> What this task involves
Beginning with the line below that contains "abbrev pub OptionLacks" and ending with the line that contains "IsHost (c ∷", copy every line exactly. Copy nothing else.

=== Begin Enclosure ===

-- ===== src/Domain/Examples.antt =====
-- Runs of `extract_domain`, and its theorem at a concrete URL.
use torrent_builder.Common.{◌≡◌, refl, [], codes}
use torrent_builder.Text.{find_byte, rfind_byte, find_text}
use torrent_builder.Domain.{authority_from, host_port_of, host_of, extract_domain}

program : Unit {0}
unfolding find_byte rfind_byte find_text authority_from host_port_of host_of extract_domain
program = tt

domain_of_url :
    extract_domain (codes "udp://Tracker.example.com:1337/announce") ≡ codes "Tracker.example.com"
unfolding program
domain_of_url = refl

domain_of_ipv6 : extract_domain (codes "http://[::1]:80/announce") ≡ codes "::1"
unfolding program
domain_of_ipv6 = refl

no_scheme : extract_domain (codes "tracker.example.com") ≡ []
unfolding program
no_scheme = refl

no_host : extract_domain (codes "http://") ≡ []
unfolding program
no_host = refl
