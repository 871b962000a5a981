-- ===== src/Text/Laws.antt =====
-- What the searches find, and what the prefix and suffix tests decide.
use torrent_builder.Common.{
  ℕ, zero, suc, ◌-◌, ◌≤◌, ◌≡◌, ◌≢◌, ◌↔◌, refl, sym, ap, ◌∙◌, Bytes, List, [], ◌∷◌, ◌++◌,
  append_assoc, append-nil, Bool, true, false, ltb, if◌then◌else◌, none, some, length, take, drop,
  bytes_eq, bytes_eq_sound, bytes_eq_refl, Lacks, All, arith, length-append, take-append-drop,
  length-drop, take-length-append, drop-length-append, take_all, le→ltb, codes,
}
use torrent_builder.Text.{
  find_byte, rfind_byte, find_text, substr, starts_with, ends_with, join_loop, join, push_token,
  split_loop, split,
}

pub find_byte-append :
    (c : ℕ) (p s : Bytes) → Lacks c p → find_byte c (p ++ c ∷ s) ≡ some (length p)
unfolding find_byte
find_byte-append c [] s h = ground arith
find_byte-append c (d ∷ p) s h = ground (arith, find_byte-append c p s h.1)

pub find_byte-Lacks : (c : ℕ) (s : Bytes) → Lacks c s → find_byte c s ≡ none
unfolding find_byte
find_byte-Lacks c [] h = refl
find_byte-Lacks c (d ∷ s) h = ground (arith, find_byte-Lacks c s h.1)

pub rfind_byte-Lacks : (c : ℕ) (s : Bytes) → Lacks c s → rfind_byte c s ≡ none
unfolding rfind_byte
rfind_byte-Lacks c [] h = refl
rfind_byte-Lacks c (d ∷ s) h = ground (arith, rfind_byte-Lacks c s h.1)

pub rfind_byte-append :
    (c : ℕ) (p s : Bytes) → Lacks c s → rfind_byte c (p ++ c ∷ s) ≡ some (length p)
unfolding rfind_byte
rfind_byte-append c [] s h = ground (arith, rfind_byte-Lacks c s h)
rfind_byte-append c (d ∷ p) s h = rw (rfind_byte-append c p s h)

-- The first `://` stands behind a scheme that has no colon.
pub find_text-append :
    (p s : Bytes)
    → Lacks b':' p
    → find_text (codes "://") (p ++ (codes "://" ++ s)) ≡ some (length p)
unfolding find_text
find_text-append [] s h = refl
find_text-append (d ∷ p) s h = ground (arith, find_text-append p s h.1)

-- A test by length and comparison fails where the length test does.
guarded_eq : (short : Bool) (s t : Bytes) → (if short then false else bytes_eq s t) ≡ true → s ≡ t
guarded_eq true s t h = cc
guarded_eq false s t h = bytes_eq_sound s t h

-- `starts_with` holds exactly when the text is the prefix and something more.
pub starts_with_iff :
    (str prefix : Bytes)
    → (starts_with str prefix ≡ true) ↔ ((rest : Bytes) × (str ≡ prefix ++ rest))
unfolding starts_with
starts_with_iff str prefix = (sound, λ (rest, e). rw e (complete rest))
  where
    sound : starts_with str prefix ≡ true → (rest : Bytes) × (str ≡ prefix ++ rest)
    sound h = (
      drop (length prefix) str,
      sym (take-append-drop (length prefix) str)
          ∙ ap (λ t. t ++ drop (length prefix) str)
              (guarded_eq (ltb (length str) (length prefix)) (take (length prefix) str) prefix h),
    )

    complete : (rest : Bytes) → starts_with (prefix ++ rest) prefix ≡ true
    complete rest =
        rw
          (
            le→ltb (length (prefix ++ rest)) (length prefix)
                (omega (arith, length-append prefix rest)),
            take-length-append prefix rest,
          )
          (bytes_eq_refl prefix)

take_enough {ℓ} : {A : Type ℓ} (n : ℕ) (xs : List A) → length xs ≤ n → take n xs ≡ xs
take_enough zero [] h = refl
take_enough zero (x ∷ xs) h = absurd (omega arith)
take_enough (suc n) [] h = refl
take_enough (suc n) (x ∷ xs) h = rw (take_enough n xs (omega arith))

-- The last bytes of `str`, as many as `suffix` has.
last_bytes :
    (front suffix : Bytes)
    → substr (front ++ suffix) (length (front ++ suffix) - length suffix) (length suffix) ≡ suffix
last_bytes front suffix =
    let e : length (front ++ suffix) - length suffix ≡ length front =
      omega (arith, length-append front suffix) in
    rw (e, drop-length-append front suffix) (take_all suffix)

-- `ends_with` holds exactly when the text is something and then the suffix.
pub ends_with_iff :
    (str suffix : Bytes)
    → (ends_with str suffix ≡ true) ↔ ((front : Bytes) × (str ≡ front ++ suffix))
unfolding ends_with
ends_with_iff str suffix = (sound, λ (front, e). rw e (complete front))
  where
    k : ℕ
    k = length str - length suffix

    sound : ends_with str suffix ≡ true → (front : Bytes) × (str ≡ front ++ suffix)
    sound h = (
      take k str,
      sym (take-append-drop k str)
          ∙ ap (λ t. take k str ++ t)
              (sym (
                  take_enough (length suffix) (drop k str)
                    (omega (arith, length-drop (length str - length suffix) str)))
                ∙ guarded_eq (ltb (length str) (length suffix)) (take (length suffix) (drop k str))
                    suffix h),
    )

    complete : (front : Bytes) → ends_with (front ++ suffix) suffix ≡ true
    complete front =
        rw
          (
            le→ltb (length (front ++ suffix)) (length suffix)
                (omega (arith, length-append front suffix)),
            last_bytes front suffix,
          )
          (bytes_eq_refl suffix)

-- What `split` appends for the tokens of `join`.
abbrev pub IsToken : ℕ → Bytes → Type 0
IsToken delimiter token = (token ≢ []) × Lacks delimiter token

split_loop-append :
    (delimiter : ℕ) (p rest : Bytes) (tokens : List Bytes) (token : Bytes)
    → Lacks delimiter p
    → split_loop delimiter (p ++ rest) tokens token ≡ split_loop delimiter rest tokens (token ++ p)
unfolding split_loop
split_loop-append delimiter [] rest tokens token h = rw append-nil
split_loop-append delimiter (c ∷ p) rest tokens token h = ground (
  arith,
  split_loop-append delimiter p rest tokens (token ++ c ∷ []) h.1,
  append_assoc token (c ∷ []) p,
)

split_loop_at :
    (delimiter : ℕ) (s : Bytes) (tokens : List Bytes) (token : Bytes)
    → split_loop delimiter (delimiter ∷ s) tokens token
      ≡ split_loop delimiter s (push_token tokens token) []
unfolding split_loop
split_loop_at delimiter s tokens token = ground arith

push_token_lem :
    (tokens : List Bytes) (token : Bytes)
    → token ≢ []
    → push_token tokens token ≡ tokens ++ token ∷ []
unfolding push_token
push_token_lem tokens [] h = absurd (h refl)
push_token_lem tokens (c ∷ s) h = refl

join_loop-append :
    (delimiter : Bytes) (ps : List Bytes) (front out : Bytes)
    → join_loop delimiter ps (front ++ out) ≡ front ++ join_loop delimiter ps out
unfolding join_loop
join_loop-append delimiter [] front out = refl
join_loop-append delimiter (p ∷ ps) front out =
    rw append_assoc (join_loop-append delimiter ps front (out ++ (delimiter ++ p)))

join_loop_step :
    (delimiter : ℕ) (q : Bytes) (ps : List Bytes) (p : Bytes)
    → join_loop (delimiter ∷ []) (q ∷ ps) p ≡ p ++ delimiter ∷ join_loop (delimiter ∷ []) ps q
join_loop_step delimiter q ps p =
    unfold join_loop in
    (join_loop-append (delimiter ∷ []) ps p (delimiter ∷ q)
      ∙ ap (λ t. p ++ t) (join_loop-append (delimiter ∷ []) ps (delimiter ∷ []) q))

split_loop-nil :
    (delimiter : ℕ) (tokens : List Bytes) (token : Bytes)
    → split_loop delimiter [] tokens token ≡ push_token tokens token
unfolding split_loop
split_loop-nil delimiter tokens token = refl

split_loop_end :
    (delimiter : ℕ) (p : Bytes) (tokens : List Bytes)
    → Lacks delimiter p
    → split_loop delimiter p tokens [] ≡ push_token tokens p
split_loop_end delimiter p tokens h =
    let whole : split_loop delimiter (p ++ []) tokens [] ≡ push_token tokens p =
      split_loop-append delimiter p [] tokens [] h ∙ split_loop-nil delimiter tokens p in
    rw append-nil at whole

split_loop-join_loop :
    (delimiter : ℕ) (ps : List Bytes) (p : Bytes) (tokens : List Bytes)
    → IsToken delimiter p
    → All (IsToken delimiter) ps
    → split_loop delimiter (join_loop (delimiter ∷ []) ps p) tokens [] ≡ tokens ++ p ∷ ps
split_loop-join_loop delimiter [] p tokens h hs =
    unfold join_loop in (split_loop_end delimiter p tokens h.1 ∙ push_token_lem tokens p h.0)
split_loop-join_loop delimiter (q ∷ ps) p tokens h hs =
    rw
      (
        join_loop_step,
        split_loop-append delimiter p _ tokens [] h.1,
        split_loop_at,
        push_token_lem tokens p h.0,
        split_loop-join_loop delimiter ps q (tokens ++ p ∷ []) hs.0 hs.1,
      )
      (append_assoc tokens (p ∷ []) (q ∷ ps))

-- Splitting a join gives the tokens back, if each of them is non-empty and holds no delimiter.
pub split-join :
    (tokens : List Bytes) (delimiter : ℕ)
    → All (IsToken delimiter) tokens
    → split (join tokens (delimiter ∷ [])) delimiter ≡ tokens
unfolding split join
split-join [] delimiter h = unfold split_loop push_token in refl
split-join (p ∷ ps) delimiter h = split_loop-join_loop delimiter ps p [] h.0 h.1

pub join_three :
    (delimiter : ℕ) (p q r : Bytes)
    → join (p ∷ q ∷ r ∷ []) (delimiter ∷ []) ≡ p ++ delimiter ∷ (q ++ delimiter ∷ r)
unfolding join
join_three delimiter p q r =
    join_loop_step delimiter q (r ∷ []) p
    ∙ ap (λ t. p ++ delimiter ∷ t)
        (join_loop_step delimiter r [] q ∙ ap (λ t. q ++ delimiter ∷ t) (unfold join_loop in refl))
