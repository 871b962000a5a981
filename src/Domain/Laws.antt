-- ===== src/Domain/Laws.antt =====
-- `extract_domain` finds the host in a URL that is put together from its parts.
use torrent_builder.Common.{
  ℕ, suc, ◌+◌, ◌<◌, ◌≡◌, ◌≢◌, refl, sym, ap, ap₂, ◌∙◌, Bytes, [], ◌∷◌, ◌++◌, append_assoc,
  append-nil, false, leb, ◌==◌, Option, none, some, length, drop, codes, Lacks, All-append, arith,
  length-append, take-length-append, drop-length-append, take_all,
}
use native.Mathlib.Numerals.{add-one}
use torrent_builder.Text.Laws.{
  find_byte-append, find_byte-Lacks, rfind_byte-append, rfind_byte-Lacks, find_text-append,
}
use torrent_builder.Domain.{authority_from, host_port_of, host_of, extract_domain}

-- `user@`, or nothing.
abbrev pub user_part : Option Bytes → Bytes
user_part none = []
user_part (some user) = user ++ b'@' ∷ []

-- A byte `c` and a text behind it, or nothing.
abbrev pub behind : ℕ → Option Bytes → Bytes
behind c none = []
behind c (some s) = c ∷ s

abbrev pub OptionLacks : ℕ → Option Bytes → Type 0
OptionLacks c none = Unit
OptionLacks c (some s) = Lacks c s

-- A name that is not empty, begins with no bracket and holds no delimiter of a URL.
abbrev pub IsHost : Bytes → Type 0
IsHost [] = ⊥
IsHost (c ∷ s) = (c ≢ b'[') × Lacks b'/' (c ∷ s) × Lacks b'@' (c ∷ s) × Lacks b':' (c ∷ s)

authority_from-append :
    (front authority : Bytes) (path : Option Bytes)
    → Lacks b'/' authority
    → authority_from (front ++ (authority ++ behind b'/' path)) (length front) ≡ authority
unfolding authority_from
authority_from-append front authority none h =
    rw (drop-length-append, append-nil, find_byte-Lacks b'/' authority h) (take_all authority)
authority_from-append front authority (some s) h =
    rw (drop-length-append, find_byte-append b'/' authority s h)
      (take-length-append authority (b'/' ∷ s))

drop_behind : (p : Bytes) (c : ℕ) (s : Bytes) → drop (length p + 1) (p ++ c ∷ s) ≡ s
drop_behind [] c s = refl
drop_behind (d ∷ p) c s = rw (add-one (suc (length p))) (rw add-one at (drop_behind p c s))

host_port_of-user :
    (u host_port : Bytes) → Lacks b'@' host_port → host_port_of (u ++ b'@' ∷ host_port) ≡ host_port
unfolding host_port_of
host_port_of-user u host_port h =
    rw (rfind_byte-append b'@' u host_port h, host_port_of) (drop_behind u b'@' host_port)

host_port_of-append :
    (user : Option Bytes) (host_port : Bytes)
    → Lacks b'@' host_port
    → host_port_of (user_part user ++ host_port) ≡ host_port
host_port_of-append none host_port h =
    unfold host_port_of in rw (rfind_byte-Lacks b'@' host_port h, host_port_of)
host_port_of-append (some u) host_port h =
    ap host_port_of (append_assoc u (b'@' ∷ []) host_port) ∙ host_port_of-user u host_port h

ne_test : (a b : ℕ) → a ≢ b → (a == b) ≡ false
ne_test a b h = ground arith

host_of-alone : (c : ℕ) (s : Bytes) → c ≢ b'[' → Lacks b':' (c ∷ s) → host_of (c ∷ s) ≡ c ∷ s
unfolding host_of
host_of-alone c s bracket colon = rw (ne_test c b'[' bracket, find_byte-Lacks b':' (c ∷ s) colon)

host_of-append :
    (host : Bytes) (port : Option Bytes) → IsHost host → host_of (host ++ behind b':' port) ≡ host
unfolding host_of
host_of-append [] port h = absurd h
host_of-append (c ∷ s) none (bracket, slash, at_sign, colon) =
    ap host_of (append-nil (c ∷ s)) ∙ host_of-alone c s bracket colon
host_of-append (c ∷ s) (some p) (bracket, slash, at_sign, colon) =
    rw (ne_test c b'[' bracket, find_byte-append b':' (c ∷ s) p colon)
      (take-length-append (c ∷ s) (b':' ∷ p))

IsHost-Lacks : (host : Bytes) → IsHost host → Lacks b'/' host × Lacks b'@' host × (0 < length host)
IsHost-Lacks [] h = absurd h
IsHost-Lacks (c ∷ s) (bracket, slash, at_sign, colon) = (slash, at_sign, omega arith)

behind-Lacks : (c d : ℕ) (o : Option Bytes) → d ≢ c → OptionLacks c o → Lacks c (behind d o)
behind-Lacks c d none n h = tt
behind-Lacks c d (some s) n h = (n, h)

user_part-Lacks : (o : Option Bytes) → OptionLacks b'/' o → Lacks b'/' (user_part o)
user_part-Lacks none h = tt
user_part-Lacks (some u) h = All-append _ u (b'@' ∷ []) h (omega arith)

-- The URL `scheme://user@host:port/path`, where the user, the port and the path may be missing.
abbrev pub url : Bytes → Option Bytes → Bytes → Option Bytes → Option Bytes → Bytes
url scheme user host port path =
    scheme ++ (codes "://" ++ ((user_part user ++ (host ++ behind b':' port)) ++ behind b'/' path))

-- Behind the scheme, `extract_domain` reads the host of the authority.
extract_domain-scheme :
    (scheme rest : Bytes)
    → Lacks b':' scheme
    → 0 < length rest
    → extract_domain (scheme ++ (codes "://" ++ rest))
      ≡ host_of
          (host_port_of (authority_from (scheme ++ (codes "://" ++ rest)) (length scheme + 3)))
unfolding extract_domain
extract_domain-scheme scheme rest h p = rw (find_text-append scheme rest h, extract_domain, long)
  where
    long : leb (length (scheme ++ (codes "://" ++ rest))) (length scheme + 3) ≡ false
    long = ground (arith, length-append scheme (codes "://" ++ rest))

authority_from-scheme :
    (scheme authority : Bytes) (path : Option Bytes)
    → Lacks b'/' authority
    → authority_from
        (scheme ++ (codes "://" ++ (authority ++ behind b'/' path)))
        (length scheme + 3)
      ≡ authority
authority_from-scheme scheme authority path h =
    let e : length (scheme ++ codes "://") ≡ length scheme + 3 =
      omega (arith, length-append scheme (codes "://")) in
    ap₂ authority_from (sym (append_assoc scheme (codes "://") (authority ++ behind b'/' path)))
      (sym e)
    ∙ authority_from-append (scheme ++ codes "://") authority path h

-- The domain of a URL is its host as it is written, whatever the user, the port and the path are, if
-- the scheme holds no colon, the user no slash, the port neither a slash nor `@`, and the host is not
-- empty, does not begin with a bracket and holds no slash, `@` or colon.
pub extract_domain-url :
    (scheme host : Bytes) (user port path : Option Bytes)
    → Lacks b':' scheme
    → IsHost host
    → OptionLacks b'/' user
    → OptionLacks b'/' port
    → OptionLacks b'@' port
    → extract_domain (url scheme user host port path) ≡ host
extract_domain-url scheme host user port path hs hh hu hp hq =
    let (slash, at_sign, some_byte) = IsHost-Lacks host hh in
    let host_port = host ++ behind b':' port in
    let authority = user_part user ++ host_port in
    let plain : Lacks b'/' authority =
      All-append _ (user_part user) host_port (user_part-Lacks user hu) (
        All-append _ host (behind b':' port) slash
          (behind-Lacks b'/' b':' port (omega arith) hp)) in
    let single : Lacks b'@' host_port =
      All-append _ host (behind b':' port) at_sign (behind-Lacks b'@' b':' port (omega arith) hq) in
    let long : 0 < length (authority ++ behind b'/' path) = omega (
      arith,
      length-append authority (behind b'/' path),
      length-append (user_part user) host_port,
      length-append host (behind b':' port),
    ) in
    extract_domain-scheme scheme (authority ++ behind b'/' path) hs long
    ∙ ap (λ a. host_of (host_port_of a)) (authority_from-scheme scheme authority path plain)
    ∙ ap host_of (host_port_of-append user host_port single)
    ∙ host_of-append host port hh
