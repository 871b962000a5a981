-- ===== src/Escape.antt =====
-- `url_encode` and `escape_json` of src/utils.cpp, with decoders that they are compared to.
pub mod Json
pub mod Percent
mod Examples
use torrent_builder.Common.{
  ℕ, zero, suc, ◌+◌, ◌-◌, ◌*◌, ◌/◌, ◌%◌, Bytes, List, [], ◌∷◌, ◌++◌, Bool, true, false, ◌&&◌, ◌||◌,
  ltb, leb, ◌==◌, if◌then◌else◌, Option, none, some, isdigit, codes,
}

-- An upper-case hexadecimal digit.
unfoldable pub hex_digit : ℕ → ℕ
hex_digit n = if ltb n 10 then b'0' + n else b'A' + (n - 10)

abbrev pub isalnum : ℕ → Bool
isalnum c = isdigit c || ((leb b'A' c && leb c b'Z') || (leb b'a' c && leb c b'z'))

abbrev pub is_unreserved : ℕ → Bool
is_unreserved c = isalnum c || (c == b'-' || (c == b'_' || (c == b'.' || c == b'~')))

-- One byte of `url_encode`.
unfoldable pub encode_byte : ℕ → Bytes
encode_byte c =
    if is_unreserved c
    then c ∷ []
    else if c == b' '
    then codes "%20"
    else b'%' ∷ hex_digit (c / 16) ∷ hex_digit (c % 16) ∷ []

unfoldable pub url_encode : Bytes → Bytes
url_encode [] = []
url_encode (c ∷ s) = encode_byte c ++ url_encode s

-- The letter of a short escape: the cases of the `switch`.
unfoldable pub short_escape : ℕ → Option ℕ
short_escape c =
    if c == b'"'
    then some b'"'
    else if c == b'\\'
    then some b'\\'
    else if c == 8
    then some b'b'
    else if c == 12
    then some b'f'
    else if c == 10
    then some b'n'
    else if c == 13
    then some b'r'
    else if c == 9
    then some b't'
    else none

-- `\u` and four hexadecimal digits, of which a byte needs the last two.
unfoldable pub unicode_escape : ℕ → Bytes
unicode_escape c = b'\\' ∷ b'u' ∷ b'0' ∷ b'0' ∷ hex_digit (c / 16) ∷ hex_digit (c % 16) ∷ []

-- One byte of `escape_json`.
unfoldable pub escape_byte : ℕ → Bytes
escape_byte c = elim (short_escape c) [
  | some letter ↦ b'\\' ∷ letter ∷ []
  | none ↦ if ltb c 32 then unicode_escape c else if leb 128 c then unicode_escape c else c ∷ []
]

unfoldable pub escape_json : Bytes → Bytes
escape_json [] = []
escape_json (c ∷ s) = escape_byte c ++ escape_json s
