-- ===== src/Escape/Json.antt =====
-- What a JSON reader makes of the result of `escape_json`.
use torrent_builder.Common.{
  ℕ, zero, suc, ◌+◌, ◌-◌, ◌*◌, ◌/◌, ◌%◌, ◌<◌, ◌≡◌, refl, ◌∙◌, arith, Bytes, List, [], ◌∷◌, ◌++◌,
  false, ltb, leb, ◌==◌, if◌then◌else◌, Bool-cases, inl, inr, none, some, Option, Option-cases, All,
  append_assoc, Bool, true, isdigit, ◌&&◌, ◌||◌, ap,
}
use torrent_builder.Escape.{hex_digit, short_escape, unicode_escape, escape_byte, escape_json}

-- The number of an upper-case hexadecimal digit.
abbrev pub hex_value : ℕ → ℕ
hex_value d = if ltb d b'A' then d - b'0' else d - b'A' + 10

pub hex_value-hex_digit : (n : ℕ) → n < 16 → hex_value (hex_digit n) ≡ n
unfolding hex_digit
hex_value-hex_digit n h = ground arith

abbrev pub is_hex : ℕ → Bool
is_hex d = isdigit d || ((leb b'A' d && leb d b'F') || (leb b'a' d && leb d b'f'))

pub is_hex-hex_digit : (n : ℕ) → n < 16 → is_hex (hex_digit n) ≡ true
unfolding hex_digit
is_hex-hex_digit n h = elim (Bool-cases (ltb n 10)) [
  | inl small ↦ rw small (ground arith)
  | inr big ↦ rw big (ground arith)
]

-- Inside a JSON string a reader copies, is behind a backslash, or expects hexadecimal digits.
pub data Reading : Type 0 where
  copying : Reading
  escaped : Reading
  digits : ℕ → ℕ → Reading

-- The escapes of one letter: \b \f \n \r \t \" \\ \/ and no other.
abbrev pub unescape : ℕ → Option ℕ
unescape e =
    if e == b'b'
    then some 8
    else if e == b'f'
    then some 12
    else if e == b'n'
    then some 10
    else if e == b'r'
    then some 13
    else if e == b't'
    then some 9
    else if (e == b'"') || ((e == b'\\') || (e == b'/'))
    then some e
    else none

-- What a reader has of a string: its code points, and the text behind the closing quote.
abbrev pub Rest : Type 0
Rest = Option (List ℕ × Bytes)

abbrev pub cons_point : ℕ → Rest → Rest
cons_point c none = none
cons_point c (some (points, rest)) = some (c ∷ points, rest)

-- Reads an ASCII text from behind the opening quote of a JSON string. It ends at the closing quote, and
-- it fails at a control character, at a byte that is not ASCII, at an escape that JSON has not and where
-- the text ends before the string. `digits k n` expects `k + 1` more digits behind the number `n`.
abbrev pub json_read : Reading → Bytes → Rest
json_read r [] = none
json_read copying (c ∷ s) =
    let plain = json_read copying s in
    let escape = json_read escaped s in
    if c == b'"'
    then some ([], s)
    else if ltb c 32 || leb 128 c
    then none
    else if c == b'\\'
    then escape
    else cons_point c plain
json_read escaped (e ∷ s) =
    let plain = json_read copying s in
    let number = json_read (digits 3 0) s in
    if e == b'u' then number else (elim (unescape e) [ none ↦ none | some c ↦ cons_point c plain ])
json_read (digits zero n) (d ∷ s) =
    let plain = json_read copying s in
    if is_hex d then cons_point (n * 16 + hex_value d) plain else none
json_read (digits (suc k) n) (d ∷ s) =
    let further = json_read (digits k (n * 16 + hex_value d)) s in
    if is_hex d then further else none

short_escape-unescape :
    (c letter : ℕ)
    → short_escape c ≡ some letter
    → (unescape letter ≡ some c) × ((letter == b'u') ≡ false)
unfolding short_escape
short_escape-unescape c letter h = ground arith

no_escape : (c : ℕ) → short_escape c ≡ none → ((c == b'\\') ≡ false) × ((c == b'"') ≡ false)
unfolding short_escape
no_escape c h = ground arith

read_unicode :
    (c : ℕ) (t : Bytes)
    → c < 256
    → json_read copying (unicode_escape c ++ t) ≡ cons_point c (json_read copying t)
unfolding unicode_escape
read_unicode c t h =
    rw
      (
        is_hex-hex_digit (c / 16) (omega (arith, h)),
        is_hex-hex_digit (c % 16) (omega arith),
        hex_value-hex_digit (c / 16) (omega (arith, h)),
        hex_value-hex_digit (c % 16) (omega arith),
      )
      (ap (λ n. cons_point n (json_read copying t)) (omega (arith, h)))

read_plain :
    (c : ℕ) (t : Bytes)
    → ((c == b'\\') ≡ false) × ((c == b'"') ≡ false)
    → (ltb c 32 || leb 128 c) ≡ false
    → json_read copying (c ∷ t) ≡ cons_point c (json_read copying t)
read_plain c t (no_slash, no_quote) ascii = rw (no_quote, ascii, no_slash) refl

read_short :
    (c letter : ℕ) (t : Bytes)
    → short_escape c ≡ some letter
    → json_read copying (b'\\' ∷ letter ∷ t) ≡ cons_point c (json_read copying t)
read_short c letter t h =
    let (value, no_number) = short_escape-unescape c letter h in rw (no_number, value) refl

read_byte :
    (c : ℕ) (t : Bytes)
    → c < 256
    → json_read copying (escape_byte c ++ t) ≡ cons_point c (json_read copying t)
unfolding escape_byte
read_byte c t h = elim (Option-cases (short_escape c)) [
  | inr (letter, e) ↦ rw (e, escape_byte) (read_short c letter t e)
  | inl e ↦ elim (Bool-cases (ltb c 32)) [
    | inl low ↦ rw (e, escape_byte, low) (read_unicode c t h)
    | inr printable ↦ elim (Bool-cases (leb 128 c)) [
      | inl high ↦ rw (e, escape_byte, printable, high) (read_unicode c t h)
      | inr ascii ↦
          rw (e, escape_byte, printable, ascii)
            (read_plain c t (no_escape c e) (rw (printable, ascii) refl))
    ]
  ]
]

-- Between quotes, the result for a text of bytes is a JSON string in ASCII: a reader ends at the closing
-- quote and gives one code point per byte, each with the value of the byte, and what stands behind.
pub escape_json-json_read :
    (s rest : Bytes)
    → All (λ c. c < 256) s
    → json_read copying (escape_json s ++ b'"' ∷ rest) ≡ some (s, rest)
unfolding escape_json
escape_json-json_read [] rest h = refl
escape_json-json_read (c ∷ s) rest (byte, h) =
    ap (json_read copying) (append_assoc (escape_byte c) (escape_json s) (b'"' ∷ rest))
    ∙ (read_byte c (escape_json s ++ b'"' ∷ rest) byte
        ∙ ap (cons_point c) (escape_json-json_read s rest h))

=== End Enclosure ===

> Output for this exercise
abbrev pub OptionLacks : ℕ → Option Bytes → Type 0
OptionLacks c none = Unit
OptionLacks c (some s) = Lacks c s

-- A name that is not empty, begins with no bracket and holds no delimiter of a URL.
abbrev pub IsHost : Bytes → Type 0
IsHost [] = ⊥
IsHost (c ∷ s) = (c ≢ b'[') × Lacks b'/' (c ∷ s) × Lacks b'@' (c ∷ s) × Lacks b':' (c ∷ s)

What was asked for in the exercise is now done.